Exercise objective: Throughout the records below, find each line holding "elim" and copy it.

Records for processing:
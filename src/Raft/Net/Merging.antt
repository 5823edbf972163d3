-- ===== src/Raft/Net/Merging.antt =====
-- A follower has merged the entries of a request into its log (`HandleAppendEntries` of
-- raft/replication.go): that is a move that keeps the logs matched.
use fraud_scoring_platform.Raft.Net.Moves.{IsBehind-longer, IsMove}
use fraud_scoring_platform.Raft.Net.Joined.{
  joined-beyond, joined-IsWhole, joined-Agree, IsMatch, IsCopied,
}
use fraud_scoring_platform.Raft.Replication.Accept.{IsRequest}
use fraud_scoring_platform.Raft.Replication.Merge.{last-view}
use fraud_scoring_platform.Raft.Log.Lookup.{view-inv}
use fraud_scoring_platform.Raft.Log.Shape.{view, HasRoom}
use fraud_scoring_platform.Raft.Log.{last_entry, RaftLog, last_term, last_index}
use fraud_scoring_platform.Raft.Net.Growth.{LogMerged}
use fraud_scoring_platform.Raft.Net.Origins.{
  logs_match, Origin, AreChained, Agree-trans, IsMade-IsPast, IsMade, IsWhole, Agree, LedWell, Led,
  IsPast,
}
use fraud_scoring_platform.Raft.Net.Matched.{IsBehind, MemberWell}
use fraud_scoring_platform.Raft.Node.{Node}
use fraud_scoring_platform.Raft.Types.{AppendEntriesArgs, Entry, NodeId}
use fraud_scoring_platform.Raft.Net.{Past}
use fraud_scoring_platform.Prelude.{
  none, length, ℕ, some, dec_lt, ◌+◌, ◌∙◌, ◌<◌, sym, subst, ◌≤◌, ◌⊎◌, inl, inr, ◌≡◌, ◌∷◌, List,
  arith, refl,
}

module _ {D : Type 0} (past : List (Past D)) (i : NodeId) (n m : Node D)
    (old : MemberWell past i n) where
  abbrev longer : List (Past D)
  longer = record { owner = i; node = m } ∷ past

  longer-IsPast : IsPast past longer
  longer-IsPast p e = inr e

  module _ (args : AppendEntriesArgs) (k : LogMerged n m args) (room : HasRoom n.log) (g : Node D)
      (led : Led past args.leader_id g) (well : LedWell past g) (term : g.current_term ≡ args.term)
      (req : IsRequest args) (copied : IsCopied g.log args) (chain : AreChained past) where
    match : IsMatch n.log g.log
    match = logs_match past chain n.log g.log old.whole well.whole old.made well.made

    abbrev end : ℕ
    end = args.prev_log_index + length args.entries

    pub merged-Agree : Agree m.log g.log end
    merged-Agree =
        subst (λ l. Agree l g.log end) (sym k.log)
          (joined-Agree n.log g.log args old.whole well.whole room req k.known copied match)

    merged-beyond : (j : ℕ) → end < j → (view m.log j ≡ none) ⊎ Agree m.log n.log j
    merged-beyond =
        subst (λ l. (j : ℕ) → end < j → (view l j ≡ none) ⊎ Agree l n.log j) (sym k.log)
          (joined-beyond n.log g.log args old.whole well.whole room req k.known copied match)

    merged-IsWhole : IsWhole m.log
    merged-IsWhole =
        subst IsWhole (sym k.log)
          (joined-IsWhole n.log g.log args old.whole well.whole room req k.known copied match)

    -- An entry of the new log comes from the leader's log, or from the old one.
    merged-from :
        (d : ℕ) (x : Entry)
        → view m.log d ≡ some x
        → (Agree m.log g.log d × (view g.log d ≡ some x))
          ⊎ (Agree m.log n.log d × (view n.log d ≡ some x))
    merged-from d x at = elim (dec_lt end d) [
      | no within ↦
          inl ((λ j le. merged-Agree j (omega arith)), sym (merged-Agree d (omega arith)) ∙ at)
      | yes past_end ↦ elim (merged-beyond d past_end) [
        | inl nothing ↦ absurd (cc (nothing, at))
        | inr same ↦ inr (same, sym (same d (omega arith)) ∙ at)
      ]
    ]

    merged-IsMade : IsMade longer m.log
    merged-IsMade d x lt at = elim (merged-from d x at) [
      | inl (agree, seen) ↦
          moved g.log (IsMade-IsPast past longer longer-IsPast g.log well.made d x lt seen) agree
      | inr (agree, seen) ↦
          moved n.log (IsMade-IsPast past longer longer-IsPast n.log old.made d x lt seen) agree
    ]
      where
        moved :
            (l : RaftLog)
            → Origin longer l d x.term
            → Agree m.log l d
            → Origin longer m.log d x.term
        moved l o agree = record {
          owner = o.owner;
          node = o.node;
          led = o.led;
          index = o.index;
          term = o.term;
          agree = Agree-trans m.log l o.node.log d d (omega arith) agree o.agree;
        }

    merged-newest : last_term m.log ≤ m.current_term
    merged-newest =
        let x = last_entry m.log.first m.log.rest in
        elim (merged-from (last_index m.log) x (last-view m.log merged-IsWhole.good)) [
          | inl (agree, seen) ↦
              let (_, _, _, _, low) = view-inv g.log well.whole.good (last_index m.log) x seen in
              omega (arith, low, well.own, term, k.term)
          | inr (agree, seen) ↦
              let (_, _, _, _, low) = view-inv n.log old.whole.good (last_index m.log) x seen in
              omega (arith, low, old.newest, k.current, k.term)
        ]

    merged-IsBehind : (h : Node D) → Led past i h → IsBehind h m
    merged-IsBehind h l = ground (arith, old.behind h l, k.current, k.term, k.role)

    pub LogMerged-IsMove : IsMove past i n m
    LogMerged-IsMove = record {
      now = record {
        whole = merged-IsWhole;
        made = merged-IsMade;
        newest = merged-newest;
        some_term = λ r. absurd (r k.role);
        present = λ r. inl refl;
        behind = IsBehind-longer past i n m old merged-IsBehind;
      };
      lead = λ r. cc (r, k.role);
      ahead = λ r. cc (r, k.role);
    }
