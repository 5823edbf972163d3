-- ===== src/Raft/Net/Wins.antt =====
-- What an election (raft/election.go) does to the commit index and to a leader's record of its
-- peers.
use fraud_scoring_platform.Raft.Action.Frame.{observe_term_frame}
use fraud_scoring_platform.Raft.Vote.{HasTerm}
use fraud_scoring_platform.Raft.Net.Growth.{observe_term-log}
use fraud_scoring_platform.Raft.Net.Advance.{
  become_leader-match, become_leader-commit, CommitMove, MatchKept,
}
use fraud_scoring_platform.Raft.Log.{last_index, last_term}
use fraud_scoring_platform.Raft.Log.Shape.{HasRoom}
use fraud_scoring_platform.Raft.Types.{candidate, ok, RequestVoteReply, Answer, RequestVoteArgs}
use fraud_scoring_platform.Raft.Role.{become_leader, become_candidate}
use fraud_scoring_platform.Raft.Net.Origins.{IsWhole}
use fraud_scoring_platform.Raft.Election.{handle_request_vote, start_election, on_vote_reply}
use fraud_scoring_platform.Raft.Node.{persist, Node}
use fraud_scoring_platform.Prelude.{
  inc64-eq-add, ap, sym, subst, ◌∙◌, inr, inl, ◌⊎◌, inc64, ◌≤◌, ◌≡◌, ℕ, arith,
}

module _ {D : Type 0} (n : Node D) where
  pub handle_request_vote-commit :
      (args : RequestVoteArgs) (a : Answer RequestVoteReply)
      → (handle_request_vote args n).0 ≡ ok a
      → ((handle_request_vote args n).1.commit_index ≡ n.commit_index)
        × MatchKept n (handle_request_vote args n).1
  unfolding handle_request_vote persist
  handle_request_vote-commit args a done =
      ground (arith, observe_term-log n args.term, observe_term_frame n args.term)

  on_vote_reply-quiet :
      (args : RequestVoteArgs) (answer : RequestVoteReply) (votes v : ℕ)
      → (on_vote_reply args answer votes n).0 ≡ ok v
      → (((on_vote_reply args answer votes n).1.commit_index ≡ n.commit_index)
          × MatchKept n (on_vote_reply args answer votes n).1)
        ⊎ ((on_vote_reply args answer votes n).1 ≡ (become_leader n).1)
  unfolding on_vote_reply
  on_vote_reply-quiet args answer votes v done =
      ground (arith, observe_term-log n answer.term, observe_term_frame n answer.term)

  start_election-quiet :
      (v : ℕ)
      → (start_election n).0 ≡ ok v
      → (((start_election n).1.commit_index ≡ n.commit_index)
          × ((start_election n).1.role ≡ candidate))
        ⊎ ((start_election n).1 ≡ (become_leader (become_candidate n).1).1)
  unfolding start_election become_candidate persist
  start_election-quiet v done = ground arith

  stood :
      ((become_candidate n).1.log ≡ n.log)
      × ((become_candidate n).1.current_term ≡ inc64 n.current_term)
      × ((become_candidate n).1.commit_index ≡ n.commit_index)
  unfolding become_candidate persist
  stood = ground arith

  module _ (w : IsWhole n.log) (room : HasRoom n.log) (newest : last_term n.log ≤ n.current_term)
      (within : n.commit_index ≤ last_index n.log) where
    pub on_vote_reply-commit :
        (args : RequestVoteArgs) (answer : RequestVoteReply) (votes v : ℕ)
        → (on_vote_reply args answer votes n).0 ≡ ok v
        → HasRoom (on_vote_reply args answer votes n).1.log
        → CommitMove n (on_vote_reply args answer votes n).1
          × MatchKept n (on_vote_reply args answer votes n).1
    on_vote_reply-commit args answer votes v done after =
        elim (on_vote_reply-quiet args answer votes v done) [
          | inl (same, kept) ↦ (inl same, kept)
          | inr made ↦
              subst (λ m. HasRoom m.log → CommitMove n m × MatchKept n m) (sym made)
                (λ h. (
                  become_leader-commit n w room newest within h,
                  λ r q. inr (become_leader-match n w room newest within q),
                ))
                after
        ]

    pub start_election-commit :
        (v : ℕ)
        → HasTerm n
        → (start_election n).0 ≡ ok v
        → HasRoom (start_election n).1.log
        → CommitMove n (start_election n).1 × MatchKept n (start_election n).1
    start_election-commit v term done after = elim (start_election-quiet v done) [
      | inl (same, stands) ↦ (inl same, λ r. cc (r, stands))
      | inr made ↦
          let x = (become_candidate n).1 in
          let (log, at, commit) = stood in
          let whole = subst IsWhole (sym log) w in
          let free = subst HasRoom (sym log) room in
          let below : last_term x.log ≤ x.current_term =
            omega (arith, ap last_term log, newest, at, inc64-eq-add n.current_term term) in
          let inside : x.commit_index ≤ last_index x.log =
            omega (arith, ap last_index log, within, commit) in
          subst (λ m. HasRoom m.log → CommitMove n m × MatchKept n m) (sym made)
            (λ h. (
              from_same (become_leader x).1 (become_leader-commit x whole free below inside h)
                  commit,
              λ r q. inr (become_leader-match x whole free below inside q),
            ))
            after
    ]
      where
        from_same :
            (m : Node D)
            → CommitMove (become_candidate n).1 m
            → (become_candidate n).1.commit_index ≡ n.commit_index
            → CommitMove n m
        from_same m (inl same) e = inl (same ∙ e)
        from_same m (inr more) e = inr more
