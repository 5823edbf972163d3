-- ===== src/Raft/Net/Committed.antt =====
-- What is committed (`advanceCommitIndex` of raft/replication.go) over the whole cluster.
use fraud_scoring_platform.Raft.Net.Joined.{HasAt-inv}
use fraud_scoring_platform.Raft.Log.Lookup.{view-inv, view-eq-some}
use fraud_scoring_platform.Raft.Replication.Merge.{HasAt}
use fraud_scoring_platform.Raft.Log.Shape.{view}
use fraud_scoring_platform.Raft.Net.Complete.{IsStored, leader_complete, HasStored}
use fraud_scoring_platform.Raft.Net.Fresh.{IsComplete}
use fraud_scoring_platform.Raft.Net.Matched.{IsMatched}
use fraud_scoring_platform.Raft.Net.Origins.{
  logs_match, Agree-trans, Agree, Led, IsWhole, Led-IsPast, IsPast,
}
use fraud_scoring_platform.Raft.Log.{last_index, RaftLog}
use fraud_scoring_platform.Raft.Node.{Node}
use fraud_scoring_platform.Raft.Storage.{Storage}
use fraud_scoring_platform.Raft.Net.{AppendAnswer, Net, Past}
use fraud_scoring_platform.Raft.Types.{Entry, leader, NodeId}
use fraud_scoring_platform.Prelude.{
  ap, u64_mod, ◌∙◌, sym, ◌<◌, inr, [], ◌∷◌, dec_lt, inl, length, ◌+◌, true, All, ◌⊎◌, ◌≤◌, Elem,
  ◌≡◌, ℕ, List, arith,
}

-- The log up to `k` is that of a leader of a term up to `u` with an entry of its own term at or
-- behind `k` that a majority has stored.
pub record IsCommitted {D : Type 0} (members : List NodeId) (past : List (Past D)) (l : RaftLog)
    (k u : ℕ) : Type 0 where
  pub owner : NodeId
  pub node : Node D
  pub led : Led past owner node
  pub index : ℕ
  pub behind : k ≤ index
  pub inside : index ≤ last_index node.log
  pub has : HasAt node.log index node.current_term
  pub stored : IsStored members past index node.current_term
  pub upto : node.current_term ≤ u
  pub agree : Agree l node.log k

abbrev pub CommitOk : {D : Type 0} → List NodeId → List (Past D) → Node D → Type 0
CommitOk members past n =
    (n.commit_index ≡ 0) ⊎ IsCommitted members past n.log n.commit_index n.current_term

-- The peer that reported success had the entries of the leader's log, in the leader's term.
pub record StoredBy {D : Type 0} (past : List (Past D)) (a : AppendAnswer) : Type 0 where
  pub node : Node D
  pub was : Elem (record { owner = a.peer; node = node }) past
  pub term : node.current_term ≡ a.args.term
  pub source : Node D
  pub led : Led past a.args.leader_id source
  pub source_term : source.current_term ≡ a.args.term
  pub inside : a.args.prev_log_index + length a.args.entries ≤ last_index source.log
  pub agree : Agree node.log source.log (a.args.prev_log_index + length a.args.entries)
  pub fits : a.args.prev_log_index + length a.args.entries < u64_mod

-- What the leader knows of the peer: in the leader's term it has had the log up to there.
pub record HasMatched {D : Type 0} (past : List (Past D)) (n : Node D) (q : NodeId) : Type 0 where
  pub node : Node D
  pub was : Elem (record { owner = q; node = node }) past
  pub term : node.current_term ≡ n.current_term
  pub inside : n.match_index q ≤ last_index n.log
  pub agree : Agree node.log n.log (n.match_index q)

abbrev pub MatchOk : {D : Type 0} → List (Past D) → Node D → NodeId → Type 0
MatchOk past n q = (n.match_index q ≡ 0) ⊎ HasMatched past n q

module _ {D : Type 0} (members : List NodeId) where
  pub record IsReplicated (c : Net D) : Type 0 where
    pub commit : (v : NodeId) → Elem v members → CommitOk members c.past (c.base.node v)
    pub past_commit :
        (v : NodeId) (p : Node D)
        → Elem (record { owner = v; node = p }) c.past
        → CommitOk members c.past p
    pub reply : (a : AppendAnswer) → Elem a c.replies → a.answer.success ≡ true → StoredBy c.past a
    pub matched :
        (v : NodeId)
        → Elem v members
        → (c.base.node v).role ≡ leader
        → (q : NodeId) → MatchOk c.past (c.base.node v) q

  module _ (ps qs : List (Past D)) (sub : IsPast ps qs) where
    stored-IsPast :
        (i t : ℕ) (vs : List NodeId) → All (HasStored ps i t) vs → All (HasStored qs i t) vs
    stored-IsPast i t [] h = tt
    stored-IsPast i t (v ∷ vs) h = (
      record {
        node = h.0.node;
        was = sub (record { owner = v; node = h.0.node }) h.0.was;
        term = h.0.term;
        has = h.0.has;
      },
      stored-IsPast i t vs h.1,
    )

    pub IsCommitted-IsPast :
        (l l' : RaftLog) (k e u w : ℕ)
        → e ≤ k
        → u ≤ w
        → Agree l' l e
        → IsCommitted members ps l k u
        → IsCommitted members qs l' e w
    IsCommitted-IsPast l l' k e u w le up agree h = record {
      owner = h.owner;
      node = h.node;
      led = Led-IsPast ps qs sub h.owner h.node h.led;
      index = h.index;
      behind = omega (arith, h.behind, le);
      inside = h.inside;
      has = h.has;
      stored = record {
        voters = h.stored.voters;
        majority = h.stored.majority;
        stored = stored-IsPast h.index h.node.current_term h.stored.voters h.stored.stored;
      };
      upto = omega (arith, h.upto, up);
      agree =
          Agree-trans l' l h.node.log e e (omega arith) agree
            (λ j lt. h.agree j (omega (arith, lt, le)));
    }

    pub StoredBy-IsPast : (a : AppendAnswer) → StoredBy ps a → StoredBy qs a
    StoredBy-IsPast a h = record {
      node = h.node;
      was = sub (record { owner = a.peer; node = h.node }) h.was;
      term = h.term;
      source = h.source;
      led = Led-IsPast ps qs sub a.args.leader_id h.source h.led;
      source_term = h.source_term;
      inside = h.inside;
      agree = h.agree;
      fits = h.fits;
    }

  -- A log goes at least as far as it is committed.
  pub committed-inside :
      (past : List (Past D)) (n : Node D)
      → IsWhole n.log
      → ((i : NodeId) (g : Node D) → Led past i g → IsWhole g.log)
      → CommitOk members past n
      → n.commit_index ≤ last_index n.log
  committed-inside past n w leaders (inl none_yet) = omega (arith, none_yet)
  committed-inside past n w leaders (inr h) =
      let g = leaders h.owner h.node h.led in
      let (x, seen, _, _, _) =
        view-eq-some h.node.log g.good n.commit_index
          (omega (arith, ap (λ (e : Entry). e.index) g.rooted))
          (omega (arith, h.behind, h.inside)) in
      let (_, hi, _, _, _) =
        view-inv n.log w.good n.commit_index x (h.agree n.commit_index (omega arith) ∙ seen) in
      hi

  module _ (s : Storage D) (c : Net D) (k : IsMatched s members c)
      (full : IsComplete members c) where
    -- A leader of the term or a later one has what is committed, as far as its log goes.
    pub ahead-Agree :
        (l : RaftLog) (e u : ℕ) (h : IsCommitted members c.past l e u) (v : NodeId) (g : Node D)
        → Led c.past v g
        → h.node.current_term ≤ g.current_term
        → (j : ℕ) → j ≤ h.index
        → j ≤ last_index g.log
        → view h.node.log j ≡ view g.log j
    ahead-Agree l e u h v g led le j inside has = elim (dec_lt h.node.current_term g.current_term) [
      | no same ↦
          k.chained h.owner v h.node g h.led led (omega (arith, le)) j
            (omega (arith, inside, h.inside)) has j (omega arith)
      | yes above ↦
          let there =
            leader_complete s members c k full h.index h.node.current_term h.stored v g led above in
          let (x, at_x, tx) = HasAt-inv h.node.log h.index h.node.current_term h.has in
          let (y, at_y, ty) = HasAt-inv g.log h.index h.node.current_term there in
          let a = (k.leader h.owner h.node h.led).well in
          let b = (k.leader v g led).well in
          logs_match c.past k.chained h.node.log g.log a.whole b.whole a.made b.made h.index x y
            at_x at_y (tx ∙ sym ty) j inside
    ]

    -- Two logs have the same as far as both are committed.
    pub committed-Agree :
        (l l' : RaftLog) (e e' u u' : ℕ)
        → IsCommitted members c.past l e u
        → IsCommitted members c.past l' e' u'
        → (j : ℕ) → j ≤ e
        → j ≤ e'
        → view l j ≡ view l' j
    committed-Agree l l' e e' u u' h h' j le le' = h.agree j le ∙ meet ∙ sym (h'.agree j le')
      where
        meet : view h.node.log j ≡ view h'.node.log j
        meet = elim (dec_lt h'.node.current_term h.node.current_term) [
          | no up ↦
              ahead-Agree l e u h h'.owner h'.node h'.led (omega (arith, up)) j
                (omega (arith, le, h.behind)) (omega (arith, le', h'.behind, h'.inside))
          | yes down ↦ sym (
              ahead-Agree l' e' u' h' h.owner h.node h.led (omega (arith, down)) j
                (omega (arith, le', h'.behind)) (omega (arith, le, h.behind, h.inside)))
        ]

Response to this exercise:
    merged-from d x at = elim (dec_lt end d) [
      | yes past_end ↦ elim (merged-beyond d past_end) [
    merged-IsMade d x lt at = elim (merged-from d x at) [
        elim (merged-from (last_index m.log) x (last-view m.log merged-IsWhole.good)) [
        elim (on_vote_reply-quiet args answer votes v done) [
    start_election-commit v term done after = elim (start_election-quiet v done) [
    ahead-Agree l e u h v g led le j inside has = elim (dec_lt h.node.current_term g.current_term) [
        meet = elim (dec_lt h'.node.current_term h.node.current_term) [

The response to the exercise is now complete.